# Dreaming about my first love..



## mlo13 (Jan 14, 2022)

Hello,

I've been with my husband for 8 years, he's a great dad and great husband, but lately, I've been dreaming about my first love which I met in Mexico. I used to go to Mexico every summer as a kid, and when I was maybe around 15 or 16 I had my first boyfriend. He and I only lasted around 2-3 months which was the time I was in Mexico for the summer break. We never kept in contact after I came back from the states because we broke up and that was the last time I'd been to Mexico. The last I heard from him was through an aunt that said he didn't live in the same city that I used to go to and that he had gotten married and had a kid. I think I dream about him because I've felt the love I have for my husband has faded. I hate to say it but is true. I sometimes believe I only married him to get out of my parents' house. Again, he is such a good spouse and everything but don't feel truly in love with him. 
I dream that I go back to Mexico and magically bump into my first love and just carry on our relationship like nothing ever happened. Again, I have no way to contact him and idk if I do want to communicate with him, but there's always going to be that question in my head, "what would have happened if we stayed together?".
Does anyone deal with a similar situation?

-M


----------



## DownByTheRiver (Jul 2, 2020)

I think everybody dreams about their past. But there's a reason you didn't stay with him and he didn't stay with you. Now you're both married and I just bet he intends to stay that way. If you're unhappy in your marriage, deal with that head on and decide if you want to stay married or not. Maybe you married too young. Maybe you just didn't like being alone. Maybe you're not really cut out for marriage. But what you don't do is go sneaking around on someone who's been a good husband just so you can sort out your feelings and see what the options are. If you're not happy thinking about staying with him 20 years into the future, then leave legally and go be single and take your chances. My guess is that no matter who you married, after 8 years of marriage you wouldn't feel like you were in love with them either. If you never felt passionate about your husband, then maybe you just made a bad decision. But if you ever did, then you just have to realize your capacity.


----------



## Livvie (Jan 20, 2014)

If you aren't "truly in love with him" as you say, you shouldn't have married him. And now you are fantasizing about getting together with men from your past.

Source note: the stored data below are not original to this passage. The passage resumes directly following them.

-- ===== src/Tree/Build/Naming.antt =====
-- tree.go: the names of the nodes, as dir and place keep them: no two paths name one node, and a
-- path keeps its node.
use repo_man.Model.Node.{Kind, Info, dir}
use repo_man.Safepath.{dot, parent_dir}
use repo_man.Tree.Build.{
  Builder, link, register, trim_slashes, new_info, root_place, attach_to, dir_found, dir_node,
  dir_at, attach, place, place_found,
}
use repo_man.Tree.Build.Cells.{Holds, if-Holds}
use repo_man.Tree.Build.Sound.{IsSound, link-length}
use repo_man.Tree.Build.Growing.{Leads, dir_at-Leads, dir_node-Leads}
use repo_man.Base.{
  ℕ, zero, suc, ◌-◌, ◌≡◌, refl, ap, ◌∙◌, ◌||◌, [], Option, none, some, Str, arith, eqb, eqb_iff,
  lookup, lookup-insert, length, if◌then◌else◌,
}

pub record IsNamed (b b' : Builder) : Type 0 where
  pub distinct :
      (p q : Str) (k : ℕ) → lookup p b'.nodes ≡ some k → lookup q b'.nodes ≡ some k → p ≡ q
  pub grows : (q : Str) (k : ℕ) → lookup q b.nodes ≡ some k → lookup q b'.nodes ≡ some k

abbrev pub IsDistinctly : Builder → Type 0
IsDistinctly b = (p q : Str) (k : ℕ) → lookup p b.nodes ≡ some k → lookup q b.nodes ≡ some k → p ≡ q

pub IsNamed-same : (b : Builder) → IsDistinctly b → IsNamed b b
IsNamed-same b d = record { distinct = d; grows = λ q k h. h }

register-lookup :
    (rel : Str) (p : ℕ) (i : Info) (b : Builder) (q : Str)
    → lookup q (register rel (link p i b)).nodes
      ≡ (if eqb rel q then some (length b.cells) else lookup q b.nodes)
unfolding register link
register-lookup rel p i b q =
    lookup-insert rel q (length (link p i b).cells - 1) b.nodes
    ∙ ap (λ n. if eqb rel q then some n else lookup q b.nodes)
        (let l = link-length p i b in omega (arith, l))

register-IsNamed :
    (rel : Str) (p : ℕ) (i : Info) (b₀ b : Builder)
    → lookup rel b₀.nodes ≡ none
    → IsSound b
    → IsNamed b₀ b
    → IsNamed b₀ (register rel (link p i b))
register-IsNamed rel p i b₀ b n s h = record {
  distinct = λ q r k x y. ground (
    arith,
    register-lookup rel p i b q,
    register-lookup rel p i b r,
    eqb_iff rel q,
    eqb_iff rel r,
    s.named q k,
    s.named r k,
    h.distinct q r k,
    x,
    y,
  );
  grows = λ q k x. ground (arith, register-lookup rel p i b q, eqb_iff rel q, h.grows q k x, n, x);
}

pub both-Holds :
    {S : Type 0} (P Q : S → Type 0) (o : Option S)
    → Holds P o
    → Holds Q o
    → Holds (λ s. P s × Q s) o
both-Holds P Q none p q = tt
both-Holds P Q (some s) p q = (p, q)

pub map-Holds :
    {S : Type 0} (P Q : S → Type 0) (o : Option S) → ((s : S) → P s → Q s) → Holds P o → Holds Q o
map-Holds P Q none f p = tt
map-Holds P Q (some s) f p = f s p

abbrev pub Names : Builder → ℕ × Builder → Type 0
Names b₀ (id, b) = IsNamed b₀ b

-- A step that names the node that it returns.
abbrev pub NamesAs : Str → Builder → ℕ × Builder → Type 0
NamesAs rel b₀ (id, b) = IsNamed b₀ b × (lookup rel b.nodes ≡ some id)

attach_to-NamesAs :
    (rel : Str) (i : Info) (b₀ : Builder) (o : Option (ℕ × Builder))
    → lookup rel b₀.nodes ≡ none
    → Holds (Leads b₀) o
    → Holds (Names b₀) o
    → Holds (NamesAs rel b₀) (attach_to rel i o)
unfolding attach_to
attach_to-NamesAs rel i b₀ none n l h = tt
attach_to-NamesAs rel i b₀ (some (p, b)) n l h = (
  register-IsNamed rel p i b₀ b n l.1.sound h,
  ground (arith, register-lookup rel p i b rel, eqb_iff rel rel),
)

dir_found-Names :
    (rel : Str) (i : Info) (b : Builder) (parent : Option (ℕ × Builder)) (o : Option ℕ)
    → IsDistinctly b
    → lookup rel b.nodes ≡ o
    → Holds (Leads b) parent
    → Holds (Names b) parent
    → Holds (Names b) (dir_found rel i b parent o)
dir_found-Names rel i b parent (some id) d e l h = IsNamed-same b d
dir_found-Names rel i b parent none d e l h =
    map-Holds (NamesAs rel b) (Names b) (attach_to rel i parent) (λ s n. n.0)
      (attach_to-NamesAs rel i b parent e l h)

dir_node-Names :
    (fuel : ℕ) (rel : Str) (b : Builder)
    → IsSound b
    → IsDistinctly b
    → Holds (Names b) (dir_node fuel rel b)
unfolding dir_node
dir_node-Names zero rel b s d = tt
dir_node-Names (suc fuel) rel b s d =
    let r = trim_slashes rel in
    if-Holds (Names b) (eqb r [] || eqb r dot) (some (root_place (lookup [] b.nodes), b)) _
      (IsNamed-same b d)
      (λ e.
        dir_found-Names r (new_info dir r b) b (dir_node fuel (parent_dir r) b) (lookup r b.nodes) d
          refl (dir_node-Leads fuel (parent_dir r) b s) (dir_node-Names fuel (parent_dir r) b s d))

pub dir_at-Names :
    (rel : Str) (b : Builder) → IsSound b → IsDistinctly b → Holds (Names b) (dir_at rel b)
unfolding dir_at
dir_at-Names rel b s d = dir_node-Names (suc (suc (length rel))) rel b s d

place_found-NamesAs :
    (rel : Str) (kind : Kind) (b : Builder) (o : Option ℕ)
    → IsSound b
    → IsDistinctly b
    → lookup rel b.nodes ≡ o
    → Holds (NamesAs rel b) (place_found rel kind b o)
unfolding attach
place_found-NamesAs rel kind b (some id) s d e = (record { distinct = d; grows = λ q k h. h }, e)
place_found-NamesAs rel kind b none s d e =
    attach_to-NamesAs rel (new_info kind rel b) b (dir_at (parent_dir rel) b) e
      (dir_at-Leads (parent_dir rel) b s) (dir_at-Names (parent_dir rel) b s d)

pub place-NamesAs :
    (rel : Str) (kind : Kind) (b : Builder)
    → IsSound b
    → IsDistinctly b
    → Holds (NamesAs (trim_slashes rel) b) (place rel kind b)
unfolding place
place-NamesAs rel kind b s d =
    place_found-NamesAs (trim_slashes rel) kind b (lookup (trim_slashes rel) b.nodes) s d refl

I feel so sorry for your husband.


----------



## Rob_1 (Sep 8, 2017)

mlo13 said:


> Hello,
> 
> I've been with my husband for 8 years, he's a great dad and great husband, but lately, I've been dreaming about my first love which I met in Mexico. I used to go to Mexico every summer as a kid, and when I was maybe around 15 or 16 I had my first boyfriend. He and I only lasted around 2-3 months which was the time I was in Mexico for the summer break. We never kept in contact after I came back from the states because we broke up and that was the last time I'd been to Mexico. The last I heard from him was through an aunt that said he didn't live in the same city that I used to go to and that he had gotten married and had a kid. I think I dream about him because I've felt the love I have for my husband has faded. I hate to say it but is true. I sometimes believe I only married him to get out of my parents' house. Again, he is such a good spouse and everything but don't feel truly in love with him.
> I dream that I go back to Mexico and magically bump into my first love and just carry on our relationship like nothing ever happened. Again, I have no way to contact him and idk if I do want to communicate with him, but there's always going to be that question in my head, "what would have happened if we stayed together?".
> ...


First: in reference to your first love- you're living in lala land. with memories of something that was and it can not loger ever be. Faded memories that live in your brain as impressions of a young teen in a teen-romance that would have not real life value in your today's reality.

Second: you are a pathetic and dishonest person in reference to your sucker of a husband. A man that is good to you, but not good enough as your fantasy man in your brain's romance. If you are not in love with your husband, then what the **** are you doing with this man? wasting his time in this life with somebody that is not in love with him. Do him the honest, morally correct thing to do and leave him, divorce him, and tell him that you really are not in love with him, and never were. that it was a mistake in your part to think that you could love him. He should be able to find someone that would really love him. He deserves that.

And yes a to your question:



mlo13 said:


> Does anyone deal with a similar situation?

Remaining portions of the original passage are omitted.